Anyway, my last "scary" chemo consisted of doxorubicin and ifosfamide. That one is a double whammy because the dox makes me sick. So sick, in fact, that I truly feel ill even thinking about it. And like I said, the ifosfamide is horrible for my immune system, not to mention my bladder. You may recall that ifosfamide (better known as ifex) really did a number to my bladder, so the fact that I had to get it again was scary. Dr. Litton got me all freaked out about how if the bleeding in my bladder didn't stop, I would have to get my bladder removed. Um, what? Granted, he said it was like a 1% chance, but still! Can you imagine a more horrifying thought to a 23 year old girl? You probably can. Regardless, we felt it was important for me to do this round inpatient so we could protect my bladder as I was receiving the chemo. I will, again, spare you the details, but it was a long 8 days in the hospital.

Me on day seven: Man, I need to get out of here! I am getting some serious hay fever.

Mom: Um, you mean cabin fever?

Ah, yes. The hospital was not giving me bad allergies, but rather making me go crazy from being couped up indoors.
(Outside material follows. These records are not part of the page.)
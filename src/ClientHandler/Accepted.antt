-- ===== src/ClientHandler/Accepted.antt =====
-- Whatever a client sends, the server's log file is an unbroken sequence of entries, and the ack is
-- the id of the last one.
use mathlib.Core.Path.{ap₂}
use remote_monitoring_tool.Prelude.{
  newline, ℕ, suc, ◌+◌, ◌%◌, ◌^◌, ◌<◌, ◌≤◌, ◌≡◌, ◌≢◌, refl, sym, ap, subst, ◌∙◌, ◌⊎◌, inl, inr,
  true, Option, none, some, List, [], ◌∷◌, ◌++◌, append-nil, append_assoc, arith, Bytes, All,
  All-append_right, length, length-append, ◌==◌, if◌then◌else◌, Bool-cases, ==_iff,
}
use remote_monitoring_tool.Text.{TextStream, text}
use remote_monitoring_tool.Text.Lines.{Lacks}
use remote_monitoring_tool.Util.{get_last_line_of_file}
use remote_monitoring_tool.Util.LastLine.{InLine, EndsLine, get_last_line-line}
use remote_monitoring_tool.LogEntry.{LogEntry, Junk, serialize_str, deserialize_str}
use remote_monitoring_tool.LogEntry.Printed.{
  IsPrintable, line_of, line_of-Lacks, line_of-ne-nil, deserialize_str-line_of,
  serialize_str-append, serialize_str-line_of,
}
use remote_monitoring_tool.LogQueue.Load.{print_all, print_all-append}
use remote_monitoring_tool.LogQueue.Runs.{Run}
use remote_monitoring_tool.ClientHandler.{id_of_line, last_acked_id, accept}

-- The entries of a message that the server takes.
unfoldable pub accepted : ℕ → List LogEntry → List LogEntry
accepted last_acked [] = []
accepted last_acked (e ∷ es) =
    let skip = accepted last_acked es in
    let take = e ∷ accepted (suc last_acked) es in if e.id == suc last_acked then take else skip

pub accept-accepted :
    (last_acked : ℕ) (file : Bytes) (es : List LogEntry)
    → last_acked + length es < 2 ^ 64
    → accept last_acked file es
      ≡ (last_acked + length (accepted last_acked es), file ++ print_all (accepted last_acked es))
unfolding accept accepted
accept-accepted last file [] h =
    unfold print_all in ap₂ (λ x y. (x, y)) (omega arith) (sym (append-nil file))
accept-accepted last file (e ∷ es) h = elim (Bool-cases (e.id == suc last)) [
  | inl t ↦
      rw (wrap, t)
        (accept-accepted (suc last) (serialize_str file e) es (omega arith)
          ∙ ap₂ (λ x y. (x, y)) (omega arith) (printed t))
  | inr t ↦ rw (wrap, t) (accept-accepted last file es (omega arith))
]
  where
    wrap : (last + 1) % 2 ^ 64 ≡ suc last
    wrap = omega arith

    printed :
        (e.id == suc last) ≡ true
        → serialize_str file e ++ print_all (accepted (suc last) es)
          ≡ file ++ print_all (e ∷ accepted (suc last) es)
    printed t =
        unfold print_all in
        ap (λ s. s ++ print_all (accepted (suc last) es)) (serialize_str-append file e)
        ∙ append_assoc file (serialize_str [] e) (print_all (accepted (suc last) es))

pub Run-accepted :
    (last_acked : ℕ) (es : List LogEntry) → Run (suc last_acked) (accepted last_acked es)
unfolding accepted
Run-accepted last [] = tt
Run-accepted last (e ∷ es) = elim (Bool-cases (e.id == suc last)) [
  | inl t ↦ rw t ((==_iff e.id (suc last)).0 t, Run-accepted (suc last) es)
  | inr t ↦ rw t (Run-accepted last es)
]

pub All-accepted {κ} :
    (P : LogEntry → Type κ) (last_acked : ℕ) (es : List LogEntry)
    → All P es
    → All P (accepted last_acked es)
unfolding accepted
All-accepted P last [] h = tt
All-accepted P last (e ∷ es) (he, h) = elim (Bool-cases (e.id == suc last)) [
  | inl t ↦ rw t (he, All-accepted P (suc last) es h)
  | inr t ↦ rw t (All-accepted P last es h)
]

pub length-accepted :
    (last_acked : ℕ) (es : List LogEntry) → length (accepted last_acked es) ≤ length es
unfolding accepted
length-accepted last [] = omega arith
length-accepted last (e ∷ es) =
    ground (arith, length-accepted last es, length-accepted (suc last) es)

-- A name that can stand in a log file of the server: no '\r' is in it either.
pub record IsLogged (e : LogEntry) : Type 0 where
  pub printable : IsPrintable e
  pub no_return : Lacks 13 e.process_name

-- The server's log of a client: entries with the ids from 1 on.
pub record IsLog (content : Option Bytes) (es : List LogEntry) : Type 0 where
  pub in_file : (content ≡ some (print_all es)) ⊎ ((content ≡ none) × (es ≡ []))
  pub run : Run 1 es
  pub logged : All IsLogged es

Run-last :
    (from : ℕ) (es : List LogEntry) (e : LogEntry)
    → Run from (es ++ e ∷ [])
    → e.id ≡ from + length es
Run-last from [] e (he, h) = omega arith
Run-last from (f ∷ es) e (hf, h) = omega (arith, Run-last (suc from) es e h)

last_view :
    (es : List LogEntry) → (es ≡ []) ⊎ ((fs : List LogEntry) × (e : LogEntry) × (es ≡ fs ++ e ∷ []))
last_view [] = inl refl
last_view (e ∷ es) = inr (go e es)
  where
    go :
        (e : LogEntry) (es : List LogEntry)
        → (fs : List LogEntry) × (l : LogEntry) × (e ∷ es ≡ fs ++ l ∷ [])
    go e [] = ([], e, refl)
    go e (f ∷ es) = let (fs, l, p) = go f es in (e ∷ fs, l, ap (λ r. e ∷ r) p)

print_last :
    (fs : List LogEntry) (e : LogEntry)
    → print_all (fs ++ e ∷ []) ≡ print_all fs ++ line_of e ++ newline ∷ []
unfolding print_all
print_last fs e =
    print_all-append fs (e ∷ [])
    ∙ ap (λ s. print_all fs ++ s) (serialize_str-line_of e [])
    ∙ sym (append_assoc (print_all fs) (line_of e) (newline ∷ []))

EndsLine-print_all : (es : List LogEntry) → EndsLine (print_all es)
EndsLine-print_all es = elim (last_view es) [
  | inl p ↦ inl (ap print_all p ∙ (unfold print_all in refl))
  | inr (fs, e, p) ↦ inr (print_all fs ++ line_of e, ap print_all p ∙ print_last fs e)
]

InLine-line_of : (e : LogEntry) → IsLogged e → All InLine (line_of e)
InLine-line_of e h =
    both (line_of e) (line_of-Lacks newline e (omega arith) h.printable.no_newline)
      (line_of-Lacks 13 e (omega arith) h.no_return)
  where
    both : (s : Bytes) → Lacks newline s → Lacks 13 s → All InLine s
    both [] a b = tt
    both (c ∷ s) (ha, a) (hb, b) = ((ha, hb), both s a b)

id_of_line-line :
    (s : Bytes) (junk : Junk)
    → s ≢ []
    → id_of_line s junk ≡ (deserialize_str (text s) junk.entry junk.temp_number).1.id
unfolding id_of_line
id_of_line-line [] junk ne = absurd (ne refl)
id_of_line-line (c ∷ s) junk ne = refl

id_of_last :
    (fs : List LogEntry) (e : LogEntry) (junk : Junk)
    → IsLogged e
    → last_acked_id (some (print_all (fs ++ e ∷ []))) junk ≡ e.id
unfolding last_acked_id
id_of_last fs e junk h =
    ap (λ s. id_of_line (get_last_line_of_file (some s)) junk) (print_last fs e)
    ∙ ap (λ s. id_of_line s junk)
        (get_last_line-line (print_all fs) (line_of e) (line_of-ne-nil e) (InLine-line_of e h)
          (EndsLine-print_all fs))
    ∙ id_of_line-line (line_of e) junk (line_of-ne-nil e)
    ∙ ap (λ (r : ℕ × LogEntry × TextStream). r.1.id)
        (deserialize_str-line_of e junk.entry junk.temp_number h.printable)

no_line :
    (content : Option Bytes) (junk : Junk)
    → (content ≡ none) ⊎ (content ≡ some [])
    → last_acked_id content junk ≡ 0
no_line content junk (inl p) = rw p (unfold last_acked_id get_last_line_of_file in refl)
no_line content junk (inr p) = rw p (unfold last_acked_id get_last_line_of_file in refl)

-- The last acked id that the server reads from a client's log is the number of its entries.
pub last_acked_id-IsLog :
    (content : Option Bytes) (es : List LogEntry) (junk : Junk)
    → IsLog content es
    → last_acked_id content junk ≡ length es
last_acked_id-IsLog content es junk h = elim (h.in_file) [
  | inr (gone, empty) ↦ no_line content junk (inl gone) ∙ sym (ap length empty)
  | inl there ↦ elim (last_view es) [
    | inl empty ↦
        no_line content junk
          (inr (there ∙ ap (λ l. some (print_all l)) empty ∙ (unfold print_all in refl)))
        ∙ sym (ap length empty)
    | inr (fs, e, p) ↦
        ap (λ c. last_acked_id c junk) (there ∙ ap (λ l. some (print_all l)) p)
        ∙ id_of_last fs e junk (All-append_right _ fs (e ∷ []) (subst (All IsLogged) p h.logged)).0
        ∙ omega
            (arith, Run-last 1 fs e (subst (Run 1) p h.run), ap length p, length-append fs (e ∷ []))
  ]
]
Anyway, I am still feeling crazy fatigued blah blah blah. I feel like me blogging about feeling sick and tired is getting repetitive. More exciting is the fact that Michael has been applying to jobs, and two of the companies paid for both of us to fly out, eat, and stay in a hotel so Michael could interview with them. Yay! So we got two all expenses paid vacations to Texas and Wisconsin! It was so fun, and although we're still deciding on what to do, both were excellent experiences in their own ways. I don't have any pictures in Texas, but there are a few from Wisconsin. Maybe I'll show you those in my next post since I don't have my camera with me.

Also, I know there's like this unspoken/spoken rule about never posting selfies because they are lame, but I think if you have a day where you feel good about the way you look, and publicly documenting that day makes you feel better, you should do it. Having said that, 90% of the time, I actually look like this:


So when I wore my wig and did my makeup, I obviously had to document it.



 

Friday, October 4, 2013

My Life...

...is awesome. I'm not being sarcastic, I just love it (at least this week. Who knows about next week).

I was supposed to be in the hospital this week for high-dose methotrexate, but when I checked in to the hospital, they did a blood test and my platelets were too low so they sent me home. I was originally super bummed about having to put off chemo for a week, but I realize now how much my body needed this break. I've been able to sleep in late, get stuff done at home, use the bathroom an almost normal amount, enjoy food again, and hang out with the coolest husband ever.

Highlights:
-Eating the majority of a cookie sheet full of homemade nachos with Michael
-Watching an entire season of Parks and Rec in like... 4 days
-Going to the temple with Alicia for her birthday
-Welcoming Brian (my brother-in-law) home from his mission in Russian and the Baltic States
-Getting the stove cleaner than I've seen it in years
-Talking to my aunt Melissa on the phone
-Having energy and motivation to do things! Having cancer makes you feel like the laziest bum ever so it was nice for the fog to clear and for me to feel almost normal again.